Think of a telephone book. It's like an index of (last name, first name, phone number) columns in that order. If you search by last name alone, it still helps. If you search by two columns — last name and first name — it also helps.

So you do NOT have to search using all the columns of the index to use the index.

But if you search for first name alone, those names are separated, because they could belong to anyone with different last names in the whole book, so the index is of no help.

So you must search using consecutive columns from left to right in the index. You don't have to use all of the columns, but you cannot skip columns.

If I make one long index "category, availability, gender, brand, color, season, manufacturer" - will it help speed when querying

Because of the rule above, a single index with every column is probably not helpful. It will help only for a query that searches the leading consecutive columns of that index.

In your example, you have an index on (category, availability, gender, brand, color, season, manufacturer) and a search by category, availability, gender, manufacturer, brand. It will narrow down the search by the leftmost columns of the index: category, availability, gender, brand.

Index:  (category, availability, gender, brand, color, season, manufacturer)

Search: (category, availability, gender, brand, ... manufacturer)

The order of AND search terms in your query is commutative, so MySQL knows how to match them to the columns of the index. Your WHERE clause does not need to be in the same order as the index definition.

Your search does not have terms for color or season, so that's a gap in the set of leftmost columns. Therefore subsequent columns of the index like manufacturer are not used for optimizing that query.

A lot of people tell me what I'm doing wrong. I need to link tables to each other and store attributes in other tables. If I make tables for each attribute - will the query run faster?

It sounds like those people are describing database normalization.

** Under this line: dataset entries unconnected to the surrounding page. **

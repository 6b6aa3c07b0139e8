-- ===== src/Tests/Transports.antt =====
-- Runs of the choice and of the listing of transports.
use adb_src.Base.{ℕ, true, false, Option, none, some, [], ◌∷◌, ◌++◌, ◌≡◌, refl, Bytes, codes}
use adb_src.Transport.{
  Transport, transport_usb, transport_local, cs_device, cs_unauthorized, acquire_one_transport,
}
use adb_src.Transport.Listing.{list_transports}
use adb_src.Transport.Listing.Match.{IsListing, list_transports-IsListing}
use adb_src.Transport.Choice.{
  eligible, the_only, has_two, if_usable, acquire_one_transport-the_only,
}

-- Addresses are hosts without a port.
abbrev host_only : Bytes → Option (Bytes × Option ℕ)
host_only s = some (s, none)

abbrev phone : Transport
phone = record {
  connection_state = cs_device;
  type = transport_usb;
  serial = some (codes "HT99");
  product = none;
  model = some (codes "Nexus 5");
  device = none;
  devpath = none;
}

abbrev emulator : Transport
emulator = record phone { connection_state = cs_unauthorized; type = transport_local }

acquire_one_transport-the_only_example :
    ((acquire_one_transport host_only none (phone ∷ emulator ∷ []) transport_usb none false).result
      ≡ if_usable false (the_only (eligible host_only transport_usb none (phone ∷ emulator ∷ []))))
    × ((acquire_one_transport host_only none
          (phone ∷ emulator ∷ [])
          transport_usb
          none
          false).is_ambiguous
        ≡ has_two (eligible host_only transport_usb none (phone ∷ emulator ∷ [])))
acquire_one_transport-the_only_example =
    acquire_one_transport-the_only host_only none (phone ∷ emulator ∷ []) transport_usb none false

phone_line :
    list_transports (codes "no permissions") (phone ∷ []) true
    ≡ (codes "HT99                   device model:Nexus_5" ++ (10 ∷ []))
unfolding list_transports
phone_line = refl

short_lines : list_transports (codes "no permissions") (phone ∷ emulator ∷ []) false ≡ (
    codes "HT99"
    ++ (9 ∷ codes "device")
    ++ (10 ∷ codes "HT99")
    ++ (9 ∷ codes "unauthorized")
    ++ (10 ∷ []))
unfolding list_transports
short_lines = refl

list_transports-IsListing_example :
    IsListing host_only
      (codes "no permissions")
      (phone ∷ emulator ∷ [])
      (list_transports (codes "no permissions") (phone ∷ emulator ∷ []) true)
list_transports-IsListing_example =
    list_transports-IsListing host_only (codes "no permissions") (phone ∷ emulator ∷ [])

Performance is not the purpose of database normalization. The purpose is to put attributes in the right tables, which helps to avoid data anomalies. If every "fact" is stored only once, there is no possibility that a fact can be inconsistent with the same information stored in another table.

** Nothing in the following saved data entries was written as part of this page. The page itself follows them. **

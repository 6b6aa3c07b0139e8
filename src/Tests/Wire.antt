-- ===== src/Tests/Wire.antt =====
-- Runs of adb_io.cpp, of the packets, and of the shell protocol.
use adb_src.Base.{
  ℕ, zero, suc, ap, true, false, some, [], ◌∷◌, ◌++◌, ◌≡◌, ◌≤◌, ◌<◌, ◌≢◌, refl, arith, Bytes,
  length, take, ◌-◌, ◌/◌, ◌*◌,
}
use adb_src.Packet.{
  Packet, stamp, check_header, check_data, get_apacket, a_wrte, max_payload,
  calculate_apacket_checksum,
}
use adb_src.Packet.Checksum.{sum, checksum-sum, stamp-check, check_data-detects}
use adb_src.Packet.Wire.{
  remote_read, remote_write, message_bytes, remote_read-stamp, remote_read-checked,
  remote_write_lem, IsMessage,
}
use adb_src.Io.{read_fd_exactly, write_fd_exactly}
use adb_src.Io.Exact.{ReadsExactly, WritesExactly, read_fd_exactly_lem, write_fd_exactly_lem}
use adb_src.Io.Hex.{format_04x, format_04x_short}
use adb_src.Base.{length-append}
use adb_src.Io.Protocol.{
  ok, send_protocol_string, read_protocol_string, frame, send_protocol_string-frame,
  read_protocol_string-frame, read_protocol_string-oversize,
}
use adb_src.ShellProtocol.{ShellProtocol}
use adb_src.ShellProtocol.Chunks.{Chunked, shell_packet, read-chunks}
use adb_src.Socket.Store.{writer}
use adb_src.Tests.Stream.{slow_reader, slow_reader-Delivers, slow_os, slow_writer-Accepts}

abbrev word_packet : Packet
word_packet = record get_apacket {
  msg = record m { command = a_wrte; arg0 = 3; arg1 = 4; data_length = 2 };
  data_bytes = 104 ∷ 105 ∷ 0 ∷ [];
}
  where
    open get_apacket use {msg as m}

checksum-sum_example :
    (calculate_apacket_checksum word_packet ≡ sum (take 2 word_packet.data_bytes))
    × (calculate_apacket_checksum word_packet ≤ 255 * 2)
checksum-sum_example =
    checksum-sum word_packet (omega arith, (omega arith, (omega arith, tt))) (omega arith)

check_data-detects_example :
    check_data (record (stamp word_packet) { data_bytes = 104 ∷ 106 ∷ 0 ∷ [] }) ≡ false
unfolding stamp
check_data-detects_example =
    check_data-detects (stamp word_packet) (104 ∷ []) (0 ∷ []) 105 106 refl
      (omega arith, (omega arith, (omega arith, tt))) (omega arith) (omega arith) (omega arith)
      (omega arith) (stamp-check word_packet 4096).0

abbrev wire_bytes : Bytes
wire_bytes = message_bytes (stamp word_packet).msg ++ take 2 word_packet.data_bytes

stamped-IsMessage : IsMessage (stamp word_packet).msg
unfolding stamp
stamped-IsMessage = record {
  command_word = omega arith;
  arg0_word = omega arith;
  arg1_word = omega arith;
  data_length_word = omega arith;
  data_check_word = omega (
    arith,
    (checksum-sum word_packet (omega arith, (omega arith, (omega arith, tt))) (omega arith)).1,
  );
  magic_word = omega arith;
}

remote_read-stamp_example :
    (fd' : Bytes) × (remote_read slow_reader 4096 get_apacket (wire_bytes ++ (9 ∷ [])) ≡ (
      some (record get_apacket { msg = (stamp word_packet).msg; data_bytes = 104 ∷ 105 ∷ [] }),
      fd',
    ))
    × (fd' ≡ 9 ∷ [])
remote_read-stamp_example =
    remote_read-stamp slow_reader slow_reader-Delivers (wire_bytes ++ (9 ∷ [])) word_packet
      get_apacket 4096 (9 ∷ []) stamped-IsMessage (omega arith) (omega arith) refl

remote_read-checked_example :
    (check_header
        (record get_apacket { msg = (stamp word_packet).msg; data_bytes = 104 ∷ 105 ∷ [] })
        4096
      ≡ true)
    × (check_data
          (record get_apacket { msg = (stamp word_packet).msg; data_bytes = 104 ∷ 105 ∷ [] })
        ≡ true)
    × (length {A = ℕ} (104 ∷ 105 ∷ []) ≡ (stamp word_packet).msg.data_length)
    × ((stamp word_packet).msg.data_length ≤ 4096)
remote_read-checked_example =
    remote_read-checked slow_reader slow_reader-Delivers (wire_bytes ++ (9 ∷ [])) get_apacket 4096
      (record get_apacket { msg = (stamp word_packet).msg; data_bytes = 104 ∷ 105 ∷ [] })
      remote_read-stamp_example.0 remote_read-stamp_example.1

remote_write_example :
    WritesExactly
      (writer slow_os 7)
      slow_writer-Accepts
      []
      (message_bytes word_packet.msg ++ take 2 word_packet.data_bytes)
      (remote_write (writer slow_os 7) 26 [] word_packet)
remote_write_example =
    remote_write_lem (writer slow_os 7) slow_writer-Accepts 26 [] word_packet (omega arith)
      (omega arith)

read_fd_exactly_example :
    ReadsExactly slow_reader slow_reader-Delivers
      (1 ∷ 2 ∷ 3 ∷ [])
      2
      []
      (read_fd_exactly slow_reader (1 ∷ 2 ∷ 3 ∷ []) 2)
read_fd_exactly_example = read_fd_exactly_lem slow_reader slow_reader-Delivers (1 ∷ 2 ∷ 3 ∷ []) 2

write_fd_exactly_example :
    WritesExactly
      (writer slow_os 7)
      slow_writer-Accepts
      (5 ∷ [])
      (1 ∷ 2 ∷ [])
      (write_fd_exactly (writer slow_os 7) 2 (5 ∷ []) (1 ∷ 2 ∷ []))
write_fd_exactly_example =
    write_fd_exactly_lem (writer slow_os 7) slow_writer-Accepts 2 (5 ∷ []) (1 ∷ 2 ∷ [])
      (omega arith)

send_protocol_string-frame_example :
    (2 ≤ max_payload - 4
      → WritesExactly
          (writer slow_os 7)
          slow_writer-Accepts
          []
          (frame (104 ∷ 105 ∷ []))
          (send_protocol_string (writer slow_os 7) 6 [] (104 ∷ 105 ∷ [])))
    × (max_payload - 4 < 2
        → send_protocol_string (writer slow_os 7) 6 [] (104 ∷ 105 ∷ []) ≡ some (false, []))
send_protocol_string-frame_example =
    send_protocol_string-frame (writer slow_os 7) slow_writer-Accepts 6 [] (104 ∷ 105 ∷ [])
      (omega arith, (omega arith, tt)) (omega arith)
      (omega (
        arith,
        ap length (format_04x_short 2 (omega arith)),
        length-append (format_04x 2) (104 ∷ 105 ∷ []),
      ))

read_protocol_string-frame_example :
    (fd' : Bytes) × (read_protocol_string slow_reader (frame (104 ∷ 105 ∷ []) ++ (9 ∷ []))
      ≡ (ok (104 ∷ 105 ∷ []), fd'))
    × (fd' ≡ 9 ∷ [])
read_protocol_string-frame_example =
    read_protocol_string-frame slow_reader slow_reader-Delivers (frame (104 ∷ 105 ∷ []) ++ (9 ∷ []))
      (104 ∷ 105 ∷ []) (9 ∷ []) (omega arith) refl

fill : ℕ → Bytes
fill zero = []
fill (suc n) = 120 ∷ fill n

length-fill : (n : ℕ) → length (fill n) ≡ n
unfolding fill
length-fill zero = refl
length-fill (suc n) = ap suc (length-fill n)

read_protocol_string-oversize_example :
    (t : Bytes) × (fd' : Bytes) × (read_protocol_string slow_reader (frame (fill 65536) ++ [])
      ≡ (ok t, fd'))
    × (length t ≡ length (fill 65536) / 16)
    × (t ≢ fill 65536)
read_protocol_string-oversize_example =
    read_protocol_string-oversize slow_reader slow_reader-Delivers (frame (fill 65536) ++ [])
      (fill 65536) [] (omega (arith, length-fill 65536)) (omega (arith, length-fill 65536)) refl

abbrev small_protocol : ShellProtocol
small_protocol = record {
  id = 255;
  buffer_data = [];
  data_length = 0;
  bytes_left = 0;
  capacity = 2;
}

read-chunks_example :
    Chunked slow_reader slow_reader-Delivers small_protocol
      (shell_packet 1 (7 ∷ 8 ∷ 9 ∷ []) ++ (5 ∷ []))
      1
      (7 ∷ 8 ∷ 9 ∷ [])
      (5 ∷ [])
read-chunks_example =
    read-chunks slow_reader slow_reader-Delivers small_protocol
      (shell_packet 1 (7 ∷ 8 ∷ 9 ∷ []) ++ (5 ∷ [])) 1 (7 ∷ 8 ∷ 9 ∷ []) (5 ∷ []) refl (omega arith)
      (omega arith) refl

This doesn't necessarily help performance, but it helps because your data is less likely to become illogical and corrupt. If you tell your customer that their bank account balance is corrupt, but the query is very fast, that won't be much consolation to them.

Database normalization is not about separating attributes randomly. There are logical guides for designing normalized databases, and you should study them. You can find free resources like wikipedia: https://en.wikipedia.org/wiki/Database_normalization

I also wrote an appendix describing normal forms in my book SQL Antipatterns Volume 1: Avoiding the Pitfalls of Database Programming.